* _RECORD EXCERPTS_:
--- --- ---
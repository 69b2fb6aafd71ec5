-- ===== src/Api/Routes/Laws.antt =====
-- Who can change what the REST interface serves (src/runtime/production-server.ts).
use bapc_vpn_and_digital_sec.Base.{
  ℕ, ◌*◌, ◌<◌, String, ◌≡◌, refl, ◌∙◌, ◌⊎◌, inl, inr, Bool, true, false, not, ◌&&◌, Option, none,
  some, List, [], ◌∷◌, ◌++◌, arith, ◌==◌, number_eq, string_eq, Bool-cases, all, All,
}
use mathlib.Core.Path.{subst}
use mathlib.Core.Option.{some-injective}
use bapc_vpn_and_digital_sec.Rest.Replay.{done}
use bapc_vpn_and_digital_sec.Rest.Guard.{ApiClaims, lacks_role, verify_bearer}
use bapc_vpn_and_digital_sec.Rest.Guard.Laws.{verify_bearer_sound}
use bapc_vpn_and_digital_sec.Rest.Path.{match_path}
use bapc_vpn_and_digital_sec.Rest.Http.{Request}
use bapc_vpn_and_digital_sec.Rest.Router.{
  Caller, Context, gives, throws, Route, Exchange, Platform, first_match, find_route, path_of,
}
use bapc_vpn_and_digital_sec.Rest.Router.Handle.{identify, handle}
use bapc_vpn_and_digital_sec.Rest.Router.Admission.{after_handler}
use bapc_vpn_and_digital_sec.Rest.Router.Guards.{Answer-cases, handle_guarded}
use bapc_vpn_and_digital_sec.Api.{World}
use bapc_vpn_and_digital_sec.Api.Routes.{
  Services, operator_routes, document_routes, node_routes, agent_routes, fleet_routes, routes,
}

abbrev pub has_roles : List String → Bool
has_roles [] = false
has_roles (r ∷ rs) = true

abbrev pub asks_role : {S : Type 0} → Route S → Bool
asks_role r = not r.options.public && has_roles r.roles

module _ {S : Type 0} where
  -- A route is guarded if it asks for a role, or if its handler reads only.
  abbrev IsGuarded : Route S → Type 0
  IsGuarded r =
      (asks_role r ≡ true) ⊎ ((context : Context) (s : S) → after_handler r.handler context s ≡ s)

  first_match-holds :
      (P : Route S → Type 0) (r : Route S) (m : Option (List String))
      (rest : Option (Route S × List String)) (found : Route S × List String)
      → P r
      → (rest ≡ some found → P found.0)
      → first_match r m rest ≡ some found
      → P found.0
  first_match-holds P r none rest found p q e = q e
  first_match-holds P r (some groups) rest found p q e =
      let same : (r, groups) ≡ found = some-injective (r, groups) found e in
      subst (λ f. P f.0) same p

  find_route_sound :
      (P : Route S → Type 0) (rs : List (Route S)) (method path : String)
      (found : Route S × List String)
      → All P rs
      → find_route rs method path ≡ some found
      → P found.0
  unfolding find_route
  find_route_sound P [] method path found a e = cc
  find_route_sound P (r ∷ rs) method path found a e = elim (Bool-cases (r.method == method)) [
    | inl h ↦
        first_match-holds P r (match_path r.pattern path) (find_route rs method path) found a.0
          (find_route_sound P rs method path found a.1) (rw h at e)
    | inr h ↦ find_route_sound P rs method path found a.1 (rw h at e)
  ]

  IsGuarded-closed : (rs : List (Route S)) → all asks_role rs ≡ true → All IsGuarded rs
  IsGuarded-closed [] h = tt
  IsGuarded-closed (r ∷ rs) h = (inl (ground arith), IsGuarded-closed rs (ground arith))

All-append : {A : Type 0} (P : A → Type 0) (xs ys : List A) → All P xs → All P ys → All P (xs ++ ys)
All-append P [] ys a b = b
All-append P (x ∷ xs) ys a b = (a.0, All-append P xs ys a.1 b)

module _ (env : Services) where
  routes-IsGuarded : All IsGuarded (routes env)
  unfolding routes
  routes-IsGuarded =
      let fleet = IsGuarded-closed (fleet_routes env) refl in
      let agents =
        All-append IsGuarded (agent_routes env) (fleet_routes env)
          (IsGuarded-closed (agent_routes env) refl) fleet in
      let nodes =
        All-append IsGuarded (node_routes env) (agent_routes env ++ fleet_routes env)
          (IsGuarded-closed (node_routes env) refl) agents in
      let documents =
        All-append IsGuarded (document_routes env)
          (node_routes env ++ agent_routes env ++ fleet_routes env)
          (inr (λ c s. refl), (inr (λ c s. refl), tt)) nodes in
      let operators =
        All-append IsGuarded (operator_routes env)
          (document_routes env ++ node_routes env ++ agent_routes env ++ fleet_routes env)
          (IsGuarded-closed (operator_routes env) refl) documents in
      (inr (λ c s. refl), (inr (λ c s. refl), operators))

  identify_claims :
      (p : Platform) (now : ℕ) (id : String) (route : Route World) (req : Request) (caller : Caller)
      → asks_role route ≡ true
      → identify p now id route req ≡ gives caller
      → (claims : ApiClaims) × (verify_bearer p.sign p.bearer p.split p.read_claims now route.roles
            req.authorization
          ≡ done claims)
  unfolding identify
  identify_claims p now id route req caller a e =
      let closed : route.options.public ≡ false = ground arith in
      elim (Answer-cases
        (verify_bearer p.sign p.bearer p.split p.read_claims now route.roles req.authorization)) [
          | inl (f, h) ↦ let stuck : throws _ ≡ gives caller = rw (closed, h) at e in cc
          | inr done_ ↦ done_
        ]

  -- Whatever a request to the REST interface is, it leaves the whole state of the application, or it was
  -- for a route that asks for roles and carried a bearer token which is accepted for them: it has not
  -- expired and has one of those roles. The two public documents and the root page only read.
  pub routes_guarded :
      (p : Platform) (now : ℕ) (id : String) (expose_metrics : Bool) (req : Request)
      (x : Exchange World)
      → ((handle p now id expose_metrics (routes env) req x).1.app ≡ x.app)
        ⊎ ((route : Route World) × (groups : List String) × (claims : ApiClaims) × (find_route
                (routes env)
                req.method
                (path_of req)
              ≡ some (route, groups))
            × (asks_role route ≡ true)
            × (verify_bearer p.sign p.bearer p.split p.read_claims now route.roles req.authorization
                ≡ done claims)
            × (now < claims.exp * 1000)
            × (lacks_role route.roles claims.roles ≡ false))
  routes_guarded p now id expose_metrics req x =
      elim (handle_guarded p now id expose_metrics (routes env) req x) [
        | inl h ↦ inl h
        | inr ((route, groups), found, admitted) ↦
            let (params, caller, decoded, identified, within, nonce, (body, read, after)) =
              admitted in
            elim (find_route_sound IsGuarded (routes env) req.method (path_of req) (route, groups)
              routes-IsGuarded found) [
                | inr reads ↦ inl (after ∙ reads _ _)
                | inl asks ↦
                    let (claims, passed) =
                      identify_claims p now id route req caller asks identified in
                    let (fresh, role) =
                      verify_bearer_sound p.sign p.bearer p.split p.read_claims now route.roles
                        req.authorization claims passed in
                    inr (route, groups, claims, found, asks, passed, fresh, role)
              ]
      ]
--- --- ---
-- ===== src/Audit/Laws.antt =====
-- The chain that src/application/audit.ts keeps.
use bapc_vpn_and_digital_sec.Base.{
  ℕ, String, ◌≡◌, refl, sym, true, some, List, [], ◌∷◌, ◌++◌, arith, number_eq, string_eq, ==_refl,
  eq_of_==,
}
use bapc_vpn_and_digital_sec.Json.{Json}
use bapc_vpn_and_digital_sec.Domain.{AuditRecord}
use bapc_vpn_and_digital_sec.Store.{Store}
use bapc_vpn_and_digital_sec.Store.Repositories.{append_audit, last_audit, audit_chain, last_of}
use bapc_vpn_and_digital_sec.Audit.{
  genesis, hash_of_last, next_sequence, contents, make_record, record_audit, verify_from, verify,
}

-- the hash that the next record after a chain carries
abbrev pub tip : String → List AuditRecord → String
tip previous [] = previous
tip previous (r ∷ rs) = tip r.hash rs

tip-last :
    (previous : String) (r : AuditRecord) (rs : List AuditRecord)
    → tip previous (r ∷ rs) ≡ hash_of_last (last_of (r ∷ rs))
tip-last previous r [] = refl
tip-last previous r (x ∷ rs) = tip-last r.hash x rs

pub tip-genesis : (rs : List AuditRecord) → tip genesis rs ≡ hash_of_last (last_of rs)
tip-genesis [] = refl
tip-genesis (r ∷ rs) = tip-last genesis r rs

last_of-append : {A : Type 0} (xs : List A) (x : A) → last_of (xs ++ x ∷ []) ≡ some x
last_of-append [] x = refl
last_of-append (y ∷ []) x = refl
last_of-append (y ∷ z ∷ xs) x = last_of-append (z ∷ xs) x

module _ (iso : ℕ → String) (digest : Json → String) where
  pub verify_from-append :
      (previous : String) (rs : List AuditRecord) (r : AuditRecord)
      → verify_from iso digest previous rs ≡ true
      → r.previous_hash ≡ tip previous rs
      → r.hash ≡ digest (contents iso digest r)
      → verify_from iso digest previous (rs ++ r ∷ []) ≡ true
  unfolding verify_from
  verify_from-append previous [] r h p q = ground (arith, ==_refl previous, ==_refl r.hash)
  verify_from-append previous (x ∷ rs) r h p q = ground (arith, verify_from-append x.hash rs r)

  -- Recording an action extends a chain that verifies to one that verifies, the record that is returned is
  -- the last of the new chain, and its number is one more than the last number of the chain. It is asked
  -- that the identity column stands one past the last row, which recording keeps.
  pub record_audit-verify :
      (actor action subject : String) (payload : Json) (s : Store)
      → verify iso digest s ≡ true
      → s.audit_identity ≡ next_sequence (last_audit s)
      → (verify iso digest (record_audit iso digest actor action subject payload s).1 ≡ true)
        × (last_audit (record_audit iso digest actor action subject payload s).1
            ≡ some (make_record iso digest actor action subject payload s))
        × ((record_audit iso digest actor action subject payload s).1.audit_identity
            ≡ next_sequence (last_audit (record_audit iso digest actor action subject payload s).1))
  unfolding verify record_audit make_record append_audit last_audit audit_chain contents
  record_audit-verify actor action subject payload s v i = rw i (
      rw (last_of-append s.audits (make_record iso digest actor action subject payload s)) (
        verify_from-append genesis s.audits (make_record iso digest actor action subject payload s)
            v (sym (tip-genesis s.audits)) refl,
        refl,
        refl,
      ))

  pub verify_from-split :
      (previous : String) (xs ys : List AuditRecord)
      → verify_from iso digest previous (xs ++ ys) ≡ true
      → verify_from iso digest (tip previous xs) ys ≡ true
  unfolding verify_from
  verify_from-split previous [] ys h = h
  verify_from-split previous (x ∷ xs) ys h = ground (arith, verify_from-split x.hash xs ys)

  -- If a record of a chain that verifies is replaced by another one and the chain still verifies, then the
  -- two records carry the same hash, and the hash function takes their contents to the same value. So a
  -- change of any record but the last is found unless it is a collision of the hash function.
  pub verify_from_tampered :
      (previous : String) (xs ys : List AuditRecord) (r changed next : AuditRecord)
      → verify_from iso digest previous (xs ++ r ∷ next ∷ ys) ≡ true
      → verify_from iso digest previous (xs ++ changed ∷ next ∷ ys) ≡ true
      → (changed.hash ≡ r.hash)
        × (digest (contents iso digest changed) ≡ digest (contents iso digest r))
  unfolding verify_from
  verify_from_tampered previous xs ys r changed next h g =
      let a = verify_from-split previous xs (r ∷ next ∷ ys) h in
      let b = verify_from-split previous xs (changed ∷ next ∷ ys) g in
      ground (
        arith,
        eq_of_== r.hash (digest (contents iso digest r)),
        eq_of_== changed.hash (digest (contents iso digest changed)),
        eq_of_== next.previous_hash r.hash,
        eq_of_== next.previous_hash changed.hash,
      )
--- --- ---
Using the material above, tally the lines that hold the string "same". Reply with the number alone.

* _ANSWER FOR THE TASK_:
3